Поцелуй воина - страница 19

стр.

Он посмотрел назад. Это движение он повторял настолько часто, что правую сторону шеи свело судорогой. Ада все еще шла за ними. Голова опущена, волосы как занавес на бледном лице, она устало тащилась с покорностью животного, которого ведут на убой. Тот факт, что она вообще шла, был доказательством продолжения ее сопротивления. Ее ноги тяжело переступали, руки безвольно болтались по бокам. Возможно, она рухнет и заснет, не в силах устроить новую стычку.

Как бы ему повезло.

Но вопрос, где она будет спать, терзал его все последние три часа. Спать одной – это не вариант для непредсказуемой обманщицы. Нет, она предсказуема. Она обязательно попытается сбежать.

– Габриэль!

Он обернулся. Пачеко и Фернан смотрели на Аду, лежащую на дороге.
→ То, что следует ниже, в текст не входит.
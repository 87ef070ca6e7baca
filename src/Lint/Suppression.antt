-- ===== src/Lint/Suppression.antt =====
-- src/lint.rs: `SuppressionDirective`, `LintSuppressionSummary` and `parse_suppression_directives`.
use bbtidy.Base.{
  ℕ, ◌+◌, Option, none, some, Bool, false, not, List, [], ◌∷◌, ◌++◌, length, take, drop, any,
  is_empty, is_some, ◌==◌, if◌then◌else◌,
}
use mathlib.Core.Option
use bbtidy.Text.{Text, text, text_eq, find_byte, strip_prefix, strip_suffix, trim}
use bbtidy.Syntax.Tree.{TextRange, range}
use bbtidy.Lint.Rules.{LintRule, lint_rules}

pub data SuppressionKind : Type 0 where
  same_line : SuppressionKind
  next_line : SuppressionKind
  file : SuppressionKind

-- The field `error` of the source is `problem`.
pub record SuppressionDirective : Type 0 where
  pub kind : SuppressionKind
  pub line : ℕ
  pub rule_id : Option Text
  pub reason : Option Text
  pub span : TextRange
  pub used : Bool
  pub problem : Option Text

pub record LintSuppressionSummary : Type 0 where
  pub directives : ℕ
  pub malformed : ℕ
  pub unknown_rules : ℕ

-- `split_inclusive('\n')`
unfoldable pub split_inclusive : Text → List Text
split_inclusive [] = []
split_inclusive (c ∷ s) =
    let rest = split_inclusive s in
    if c == b'\n'
    then (c ∷ []) ∷ rest
    else elim rest [ [] ↦ (c ∷ []) ∷ [] | line ∷ lines ↦ (c ∷ line) ∷ lines ]

unfoldable pub split_once : Text → ℕ → Option (Text × Text)
split_once s c = Option.map (λ k. (take k s, drop (k + 1) s)) (find_byte s c)

abbrev pub unwrap_or : Text → Option Text → Text
unwrap_or s none = s
unwrap_or s (some rest) = rest

abbrev pub without_suffix : Text → Text → Text
without_suffix s suffix = unwrap_or s (strip_suffix s suffix)

-- A line without its line ending.
abbrev pub bare_line : Text → Text
bare_line raw_line = without_suffix (without_suffix raw_line (b'\n' ∷ [])) (b'\r' ∷ [])

abbrev pub is_known_rule : Text → Bool
is_known_rule rule_id = any (λ (rule : LintRule). text_eq rule.id rule_id) lint_rules

-- The reason behind `--`, if one is given.
unfoldable pub reason_of : Text → Option Text
reason_of suffix = elim (strip_prefix suffix (text "--")) [
  | none ↦ none
  | some rest ↦ if is_empty (trim rest) then none else some (trim rest)
]

-- The kind that a command asks for, or the kind and the message of a directive in error.
pub data Command : Type 0 where
  directs : SuppressionKind → Command
  rejects : SuppressionKind → Text → Command

unfoldable pub command_kind : ℕ → Text → Command
command_kind line_number command =
    if text_eq command (text "ignore")
    then directs same_line
    else if text_eq command (text "ignore-next-line")
    then directs next_line
    else if text_eq command (text "disable-file")
    then if line_number == 1
      then directs file
      else rejects file (text "disable-file suppression must be on the first line")
    else rejects same_line (
        text "unknown suppression command '"
        ++ command
        ++ text "'; expected ignore, ignore-next-line, or disable-file")

-- A directive, and what it adds to the counts of malformed directives and of unknown rules.
pub record Reading : Type 0 where
  pub directive : SuppressionDirective
  pub malformed : ℕ
  pub unknown_rules : ℕ

abbrev malformed_reading : SuppressionKind → ℕ → TextRange → Text → Reading
malformed_reading kind line_number span message = record {
  directive = record {
    kind = kind;
    line = line_number;
    rule_id = none;
    reason = none;
    span = span;
    used = false;
    problem = some message;
  };
  malformed = 1;
  unknown_rules = 0;
}

-- The problem of a rule and its reason, with the counts.
unfoldable pub rule_problem : Text → Option Text → Option Text × (ℕ × ℕ)
rule_problem rule_id reason =
    if not (is_known_rule rule_id)
    then (
      some (text "unknown suppression rule '" ++ rule_id ++ text "'; use a registered BBT rule"),
      (0, 1),
    )
    else if text_eq rule_id (text "BBT038")
    then (some (text "the suppression diagnostic itself cannot be suppressed"), (0, 0))
    else if not (is_some reason)
    then (some (text "suppression requires a non-empty reason after '--'"), (1, 0))
    else (none, (0, 0))

unfoldable pub read_rule : SuppressionKind → ℕ → TextRange → Text → Reading
read_rule kind line_number span remainder = elim (split_once remainder b']') [
  | none ↦ malformed_reading kind line_number span (text "malformed suppression; missing closing ]")
  | some split ↦
      let reason = reason_of (trim split.1) in
      let problem = rule_problem (trim split.0) reason in
      record {
        directive = record {
          kind = kind;
          line = line_number;
          rule_id = some (trim split.0);
          reason = reason;
          span = span;
          used = false;
          problem = problem.0;
        };
        malformed = problem.1.0;
        unknown_rules = problem.1.1;
      }
]

unfoldable pub read_command : ℕ → TextRange → Text → Command → Reading
unfolding read_rule
read_command line_number span remainder (directs kind) = read_rule kind line_number span remainder
read_command line_number span remainder (rejects kind message) =
    malformed_reading kind line_number span message

unfoldable pub read_directive : ℕ → TextRange → Text → Reading
unfolding read_command
read_directive line_number span payload = elim (split_once (trim payload) b'[') [
  | none ↦ malformed_reading same_line line_number span (
      text
        "malformed suppression; expected ignore[BBTxxx], ignore-next-line[BBTxxx], or disable-file[BBTxxx] -- reason")
  | some split ↦ read_command line_number span split.1 (command_kind line_number (trim split.0))
]

-- The directive of a line that begins at `offset`, if its first comment is one.
unfoldable pub line_directive : ℕ → ℕ → Text → Option Reading
unfolding read_directive
line_directive line_number offset raw_line =
    let line = bare_line raw_line in
    elim (find_byte line b'#') [
      | none ↦ none
      | some hash ↦ elim (strip_prefix (drop hash line) (text "# bbtidy:")) [
        | none ↦ none
        | some payload ↦
            some (read_directive line_number (range (offset + hash) (offset + length line)) payload)
      ]
    ]

unfoldable pub parse_lines : ℕ → ℕ → List Text → List SuppressionDirective × LintSuppressionSummary
unfolding line_directive
parse_lines line_number offset [] =
    ([], record { directives = 0; malformed = 0; unknown_rules = 0 })
parse_lines line_number offset (raw_line ∷ lines) =
    let later = parse_lines (line_number + 1) (offset + length raw_line) lines in
    elim (line_directive line_number offset raw_line) [
      | none ↦ later
      | some reading ↦ (
        reading.directive ∷ later.0,
        record {
          directives = 1 + later.1.directives;
          malformed = reading.malformed + later.1.malformed;
          unknown_rules = reading.unknown_rules + later.1.unknown_rules;
        },
      )
    ]

unfoldable pub parse_suppression_directives :
    Text → List SuppressionDirective × LintSuppressionSummary
unfolding parse_lines
parse_suppression_directives source = parse_lines 1 0 (split_inclusive source)

abbrev pub lint_suppression_summary : Text → LintSuppressionSummary
lint_suppression_summary source = (parse_suppression_directives source).1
Габриэль соскочил с лошади и в мгновение ока оказался рядом с ними. Еще одна уловка. Своими невыносимыми выходками испытывала его терпение.

Но это была не уловка. Холодная и бледная, ее кожа блестела от испарины. Грудь дергалась от неровных судорожных вдохов. Все ее тело тряслось. Мелкая дрожь – даже этот черный сон не мог утихомирить ее. Струйка крови вытекала со стороны основания ее черепа. Она, должно быть, ударилась головой, когда упала.

Габриэль задохнулся от горького чувства вины. Он был уверен в том, что делает. Но что он знал об опиуме или о женщинах? Что касается медицины, в жизни он занимался только ранеными на войне, латая дыры и разрезы, а не невидимые раны.

Мысль о прикосновении к ней была не менее тревожащей. Он был воспитан, зная только кулаки и мечи, и прикосновение – его кожа с кожей другого человека – все еще могло потрясти его до глубины души.

Придерживая голову Ады, он поднял ее дрожащее тело и попытался подавить в себе трепет. Он вернулся к лошади и сбросил с седла их сумки. Пачеко помог им вместе сесть на коня. Ее тело пульсировало неестественным жаром, голова безвольно запрокинулась. Она вскрикнула, когда мышцы ее живота конвульсивно сжались. Габриэль крепче прижал ее к груди и стал молиться – не за себя, а за эту заблудшую женщину.

Добравшись до стен, окружающих небольшой городок Епес, Пачеко переговорил со стражниками и договорился, что их впустят. Они двигались по темнеющим улицам. Торговцы завершали работу, собирая лотки и закрывая скромные лавки. Как и в большинстве городов на плато, когда-то управляемых маврами, его жители представляли собой сложную смесь культур. В тот вечер, под чистым прохладным небом, это казалось одновременно легко и правильно.

Пачеко вел их к особняку архиепископа Толедо. Прямоугольная башня в мавританском стиле, украшенная затейливой кирпичной кладкой и глазурованной керамикой, возвышалась над широко раскинувшейся резиденцией. За ее стенами тянулись поля виноградников. Они прошли через несколько, арочных проходов туда, где их ждали около дюжины служителей.

– Приветствую вас, брат Пачеко. – Низенький и округлый, мажордом епископа Мигель Латорре был одет в темные пышные одежды с красной отделкой. Он то и дело поглаживал свою окладистую, тщательно ухоженную бороду. На золотой цепочке на его поясе болталась лупа. – Сегодня вечером архиепископа нет в резиденции, но позволь мне предложить наше гостеприимство от его имени.

Пачеко улыбнулся и поклонился, конюхи увели лошадей в конюшню неподалеку.

– Мы возвращаемся в монастырь и ищем приюта на ночь.

– Разумеется.

Хотя он обращался к Пачеко, глубоко посаженные глаза Латорре то и дело обращались к Габриэлю, державшему на руках обессиленную Аду. Габриэлю никогда не нравилась эта назойливая маленькая жаба, и это чувство не изменилось.

Пачеко обратил внимание на любопытство мажордома.

– Ах да. Это наша новая рабыня. Она больна, и нам хотелось бы для нее отдельную комнату.

Латорре закрыл нос и рот ладонью и заглянул ближе.

– Больна? Это заразно?

– Нет, нам бы и в голову не пришло принести к вам заразу, – ответил Пачеко, в его голосе почти не осталось вежливости. – Но мы бы хотели устроить ее.

Латорре перевел свои маленькие черные глазки на Габриэля, осматривая его словно выставленную на продажу лошадь.

– А у нее есть дуэнья?

Пачеко покраснел. Фернан прислонился спиной к стене и, подняв глаза, разглядывал резьбу и росписи потолка. На его худом лице появилась улыбка, впервые после нападения альмохада.